From the backbenchers, Johnson dedicated himself to public service by immediately resuming his £275,000-a-year role as a columnist for the Daily Telegraph – a rate that works out at around £5-a-word. For this monumental sum, he put out new Brexit plans, which were immediately debunked, and a claim polling showed no-deal was winning in the polls, which the newspaper later had to correct.

This is what Johnson has spent the three years since the last Conservative leadership contest doing. Could this be the track record that has convinced his colleagues he has gone from someone unfit for leadership to the dominating favourite, at a time when the challenges of the premiership are perhaps at their greatest since the Second World War?

If this seems a stretch, then we should consider that maybe this time Johnson is making an even more bold and brave series of proposals to reunite the nation, heal the divide between Leavers and Remainers, and restore the popularity of the Conservative Party.

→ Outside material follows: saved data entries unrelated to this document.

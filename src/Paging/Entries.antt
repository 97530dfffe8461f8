-- ===== src/Paging/Entries.antt =====
-- Page table entries.
use tauos.Base.{
  ℕ, zero, suc, ◌+◌, ◌*◌, ◌/◌, ◌%◌, ◌^◌, ◌<◌, bit_and, ◌≡◌, refl, ◌∙◌, arith, ltb, ◌==◌, ◌!=◌, ◌&&◌,
  Bool, if◌then◌else◌, true, false, some, none,
}
use tauos.Bits.{modulus, not64}
use tauos.Bits.Field.{and_field, and_complement}
use tauos.Paging.{
  Pte, from_paddr, get_paddr, from_pat, pte_base_mask, pte_pwt, pte_pcd, pte_pat, pte_pat_ps,
}

pub get_paddr-eq : (e : Pte) → get_paddr e ≡ e / 2 ^ 12 % 2 ^ 40 * 2 ^ 12
unfolding get_paddr
get_paddr-eq e = and_field 12 40 e

-- For a 64-bit address, from_paddr returns the address as an entry when it is a multiple of 4096
-- and below 2 ^ 52, and panics otherwise.
pub from_paddr_iff :
    (p : ℕ)
    → p < modulus
    → from_paddr p ≡ (if p % 2 ^ 12 == 0 && ltb p (2 ^ 52) then some p else none)
unfolding from_paddr
from_paddr_iff p l =
    let parts = and_complement 64 p pte_base_mask l (omega arith) in
    let field = and_field 12 40 p in
    let test : (bit_and p (not64 pte_base_mask) == 0) ≡ (p % 2 ^ 12 == 0 && ltb p (2 ^ 52)) =
      ground (arith, parts, field) in
    rw test refl

-- For a multiple of 4096 below 2 ^ 52, from_paddr succeeds, and get_paddr of its entry is the
-- address.
pub get_paddr-from_paddr :
    (p : ℕ) → p % 2 ^ 12 ≡ 0 → p < 2 ^ 52 → (from_paddr p ≡ some p) × (get_paddr p ≡ p)
get_paddr-from_paddr p aligned small = (
  let yes : (p % 2 ^ 12 == 0 && ltb p (2 ^ 52)) ≡ true = ground arith in
      rw (from_paddr_iff p (omega arith), yes) refl,
  get_paddr-eq p ∙ omega arith,
)

-- The index into the page attribute table that the processor reads from a leaf entry.
abbrev pub pat_index : Pte → Bool → ℕ
pat_index e is_hpage =
    (if bit_and e pte_pwt != 0 then 1 else 0)
    + ((if bit_and e pte_pcd != 0 then 2 else 0)
        + (if bit_and e (if is_hpage then pte_pat_ps else pte_pat) != 0 then 4 else 0))

pat_table : ℕ → Bool
pat_table zero = true
pat_table (suc n) =
    (pat_index (from_pat n true) true == n && pat_index (from_pat n false) false == n)
    && pat_table n

pat_table_sound : (n i : ℕ) (h : Bool) → pat_table n ≡ true → i < n → pat_index (from_pat i h) h ≡ i
unfolding pat_table
pat_table_sound zero i h t l = absurd (omega arith)
pat_table_sound (suc n) i true t l = ground (arith, pat_table_sound n i true)
pat_table_sound (suc n) i false t l = ground (arith, pat_table_sound n i false)

-- For an index below 8, the index into the page attribute table that the entry of from_pat encodes,
-- for a page of either kind, is that index.
pub pat_index-from_pat : (i : ℕ) (h : Bool) → i < 8 → pat_index (from_pat i h) h ≡ i
unfolding pat_table from_pat
pat_index-from_pat i h l = pat_table_sound 8 i h refl l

His advisors certainly seem to be running his campaign more carefully this time: Johnson has done barely any interviews, has hardly been seen in public, and is clearly on close watch against gaffes. But those hoping this PR push has been accompanied by a sincere, policy-backed version of Johnson’s 2016 rhetoric are in for a huge disappointment.

Johnson has decided that there is a group of 1.3 million people in the country who are struggling so hard that they are clearly in need of more help from the government – and he’s found £6,000 a year for each and every one of them, taken from their income tax payment.

But the group he has targeted for this are not unemployed people, or those living on disability living allowance: he’s picked those earning £80,000 or more a year, the richest 4% of the country. Alongside that, he’s pledged to use the money put aside for no-deal to fund it, while saying he’s happy to leave with no-deal, and says he will not extend Brexit.

In other words, Boris Johnson is selling off our parachute just as he plans to kick us out of the plane.

Johnson’s public pronouncements are so dangerous and so unpopular with the public that his allies are quietly using this as a weapon to win over moderates. No-one thinks he’ll ever actually do this, they say. It’s obviously political (or economic) suicide, they say. Let’s just get him in place, and then he’ll be far more moderate.

Conservative MPs may wish to note that this was exactly the message many backers of Donald Trump made to garner support for the man who is now US president, and come to their own conclusions.

Boris Johnson tried to remind everyone of his legacy as a unifying and liberal Conservative in 2016. In 2019, he is relying on his strongest hard-right influences, and making an outright populist appeal to promise the impossible, even as everyone around him is fully aware it would be impossible to deliver without causing disaster.

That the second sales pitch is working better than the first says far too much about the current state of the UK’s ruling party.